(Stored data entries)
<<<<

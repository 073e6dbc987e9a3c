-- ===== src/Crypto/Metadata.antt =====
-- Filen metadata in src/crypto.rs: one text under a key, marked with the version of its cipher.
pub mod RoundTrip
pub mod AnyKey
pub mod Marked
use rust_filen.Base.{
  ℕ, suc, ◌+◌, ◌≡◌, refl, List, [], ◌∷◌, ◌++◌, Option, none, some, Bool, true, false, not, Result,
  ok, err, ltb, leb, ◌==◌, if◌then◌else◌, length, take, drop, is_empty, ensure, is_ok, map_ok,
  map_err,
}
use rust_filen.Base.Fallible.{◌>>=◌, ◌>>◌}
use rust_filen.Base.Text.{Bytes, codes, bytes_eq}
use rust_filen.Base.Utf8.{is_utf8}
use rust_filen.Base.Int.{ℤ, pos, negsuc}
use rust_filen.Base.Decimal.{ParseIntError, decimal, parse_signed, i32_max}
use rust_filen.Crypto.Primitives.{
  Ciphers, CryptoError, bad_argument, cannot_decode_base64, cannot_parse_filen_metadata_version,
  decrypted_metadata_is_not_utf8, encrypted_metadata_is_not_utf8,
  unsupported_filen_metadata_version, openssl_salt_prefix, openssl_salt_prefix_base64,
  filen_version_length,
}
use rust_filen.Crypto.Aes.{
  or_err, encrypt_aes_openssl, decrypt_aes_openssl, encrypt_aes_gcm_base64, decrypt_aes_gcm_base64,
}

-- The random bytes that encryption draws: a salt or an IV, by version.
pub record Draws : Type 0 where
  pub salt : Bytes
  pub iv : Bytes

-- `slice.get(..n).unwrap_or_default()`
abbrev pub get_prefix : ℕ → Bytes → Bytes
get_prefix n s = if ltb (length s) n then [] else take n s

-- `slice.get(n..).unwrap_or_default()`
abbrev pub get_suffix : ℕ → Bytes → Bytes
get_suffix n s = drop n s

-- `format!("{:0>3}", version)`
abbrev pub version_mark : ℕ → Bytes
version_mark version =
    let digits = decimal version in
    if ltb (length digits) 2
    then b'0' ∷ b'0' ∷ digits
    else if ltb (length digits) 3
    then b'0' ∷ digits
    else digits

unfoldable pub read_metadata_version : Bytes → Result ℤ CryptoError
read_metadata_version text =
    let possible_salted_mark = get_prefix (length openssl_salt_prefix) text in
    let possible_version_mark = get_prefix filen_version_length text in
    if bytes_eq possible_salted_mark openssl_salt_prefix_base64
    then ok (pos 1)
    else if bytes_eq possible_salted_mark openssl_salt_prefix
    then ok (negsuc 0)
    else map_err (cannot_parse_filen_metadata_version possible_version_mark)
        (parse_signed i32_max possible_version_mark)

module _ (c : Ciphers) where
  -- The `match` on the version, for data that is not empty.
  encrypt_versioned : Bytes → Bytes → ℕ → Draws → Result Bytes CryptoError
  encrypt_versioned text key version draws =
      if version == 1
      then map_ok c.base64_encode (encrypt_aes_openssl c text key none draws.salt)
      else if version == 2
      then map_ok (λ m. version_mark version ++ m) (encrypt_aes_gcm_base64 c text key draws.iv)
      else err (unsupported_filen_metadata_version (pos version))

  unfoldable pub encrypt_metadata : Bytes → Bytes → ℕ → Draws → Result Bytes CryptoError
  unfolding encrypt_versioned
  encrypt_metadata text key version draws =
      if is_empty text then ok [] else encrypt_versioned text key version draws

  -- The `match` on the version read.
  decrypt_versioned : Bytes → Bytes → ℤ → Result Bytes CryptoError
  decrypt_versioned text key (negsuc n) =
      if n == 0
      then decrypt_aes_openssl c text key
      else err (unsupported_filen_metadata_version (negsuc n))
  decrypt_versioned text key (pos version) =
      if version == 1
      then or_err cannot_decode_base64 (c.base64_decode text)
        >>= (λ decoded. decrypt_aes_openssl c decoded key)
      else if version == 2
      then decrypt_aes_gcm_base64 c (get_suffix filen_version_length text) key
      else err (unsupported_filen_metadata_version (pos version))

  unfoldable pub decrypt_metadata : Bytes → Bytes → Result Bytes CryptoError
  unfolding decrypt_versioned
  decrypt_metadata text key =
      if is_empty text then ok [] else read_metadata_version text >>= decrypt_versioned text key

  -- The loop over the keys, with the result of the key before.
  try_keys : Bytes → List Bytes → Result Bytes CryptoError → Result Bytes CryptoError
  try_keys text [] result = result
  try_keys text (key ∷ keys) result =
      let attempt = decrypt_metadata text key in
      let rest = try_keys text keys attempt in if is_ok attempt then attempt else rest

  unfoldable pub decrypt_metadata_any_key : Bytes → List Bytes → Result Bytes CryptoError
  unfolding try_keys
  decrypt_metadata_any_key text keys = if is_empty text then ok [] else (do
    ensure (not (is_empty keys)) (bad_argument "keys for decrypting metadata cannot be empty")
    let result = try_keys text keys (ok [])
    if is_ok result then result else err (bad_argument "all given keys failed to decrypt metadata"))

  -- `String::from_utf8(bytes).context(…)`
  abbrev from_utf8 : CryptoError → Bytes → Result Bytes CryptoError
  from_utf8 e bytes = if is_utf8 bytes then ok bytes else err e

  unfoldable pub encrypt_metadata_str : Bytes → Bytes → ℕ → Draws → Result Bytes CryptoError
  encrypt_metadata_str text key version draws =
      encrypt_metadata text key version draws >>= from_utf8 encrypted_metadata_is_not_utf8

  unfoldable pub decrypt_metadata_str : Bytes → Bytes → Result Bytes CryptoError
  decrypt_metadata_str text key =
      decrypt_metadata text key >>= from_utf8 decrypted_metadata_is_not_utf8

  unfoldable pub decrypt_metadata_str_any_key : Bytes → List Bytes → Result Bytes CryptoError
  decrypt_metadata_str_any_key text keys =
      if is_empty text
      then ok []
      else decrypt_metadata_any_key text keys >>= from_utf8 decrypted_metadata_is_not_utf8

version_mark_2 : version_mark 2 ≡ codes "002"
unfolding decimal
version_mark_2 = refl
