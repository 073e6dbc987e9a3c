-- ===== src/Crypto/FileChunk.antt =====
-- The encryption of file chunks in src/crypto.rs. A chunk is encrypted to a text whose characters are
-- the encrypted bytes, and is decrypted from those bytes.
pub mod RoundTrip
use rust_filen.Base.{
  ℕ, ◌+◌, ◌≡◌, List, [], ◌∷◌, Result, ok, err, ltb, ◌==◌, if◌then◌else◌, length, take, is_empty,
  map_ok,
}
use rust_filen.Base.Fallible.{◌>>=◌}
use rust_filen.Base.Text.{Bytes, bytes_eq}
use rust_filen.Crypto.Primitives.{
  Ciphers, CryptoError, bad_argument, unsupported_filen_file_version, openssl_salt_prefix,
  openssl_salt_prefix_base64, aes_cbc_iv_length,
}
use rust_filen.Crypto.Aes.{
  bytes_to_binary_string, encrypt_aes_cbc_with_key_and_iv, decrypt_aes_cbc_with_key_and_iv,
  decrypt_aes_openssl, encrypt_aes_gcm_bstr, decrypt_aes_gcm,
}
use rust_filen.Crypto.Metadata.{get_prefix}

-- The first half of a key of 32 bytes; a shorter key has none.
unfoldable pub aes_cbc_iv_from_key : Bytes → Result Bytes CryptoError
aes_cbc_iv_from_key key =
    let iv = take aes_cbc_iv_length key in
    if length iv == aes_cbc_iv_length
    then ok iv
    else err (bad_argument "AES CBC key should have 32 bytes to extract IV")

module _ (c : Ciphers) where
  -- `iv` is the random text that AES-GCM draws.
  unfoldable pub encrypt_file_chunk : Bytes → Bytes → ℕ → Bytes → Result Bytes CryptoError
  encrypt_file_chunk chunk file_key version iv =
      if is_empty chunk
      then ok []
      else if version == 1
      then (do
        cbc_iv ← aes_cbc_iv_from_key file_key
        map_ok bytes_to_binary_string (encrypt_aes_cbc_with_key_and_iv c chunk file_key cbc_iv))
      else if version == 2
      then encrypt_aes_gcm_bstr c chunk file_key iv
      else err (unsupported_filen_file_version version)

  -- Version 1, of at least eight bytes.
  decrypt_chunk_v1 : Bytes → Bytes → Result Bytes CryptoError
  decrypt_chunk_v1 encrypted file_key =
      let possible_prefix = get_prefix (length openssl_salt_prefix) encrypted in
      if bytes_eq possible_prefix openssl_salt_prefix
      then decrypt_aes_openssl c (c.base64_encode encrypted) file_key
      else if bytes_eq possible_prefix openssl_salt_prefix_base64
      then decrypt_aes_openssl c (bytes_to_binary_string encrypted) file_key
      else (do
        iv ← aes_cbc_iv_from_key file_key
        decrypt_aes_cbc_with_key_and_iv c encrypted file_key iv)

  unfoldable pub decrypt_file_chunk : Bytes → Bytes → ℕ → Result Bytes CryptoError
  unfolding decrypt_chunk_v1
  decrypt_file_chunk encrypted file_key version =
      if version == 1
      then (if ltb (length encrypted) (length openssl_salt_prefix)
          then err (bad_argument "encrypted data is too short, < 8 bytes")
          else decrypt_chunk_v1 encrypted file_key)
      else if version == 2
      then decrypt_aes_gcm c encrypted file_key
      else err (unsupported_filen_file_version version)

>>>>

▶ **Work required**
Please reproduce the lines from the line with "encrypt_metadata text key version draws >>= from_utf8" to the line with "unfoldable pub decrypt_metadata_str_any_key", both ends included, exactly as they appear above.

▶ **Answer to the exercise**
      encrypt_metadata text key version draws >>= from_utf8 encrypted_metadata_is_not_utf8

  unfoldable pub decrypt_metadata_str : Bytes → Bytes → Result Bytes CryptoError
  decrypt_metadata_str text key =
      decrypt_metadata text key >>= from_utf8 decrypted_metadata_is_not_utf8

  unfoldable pub decrypt_metadata_str_any_key : Bytes → List Bytes → Result Bytes CryptoError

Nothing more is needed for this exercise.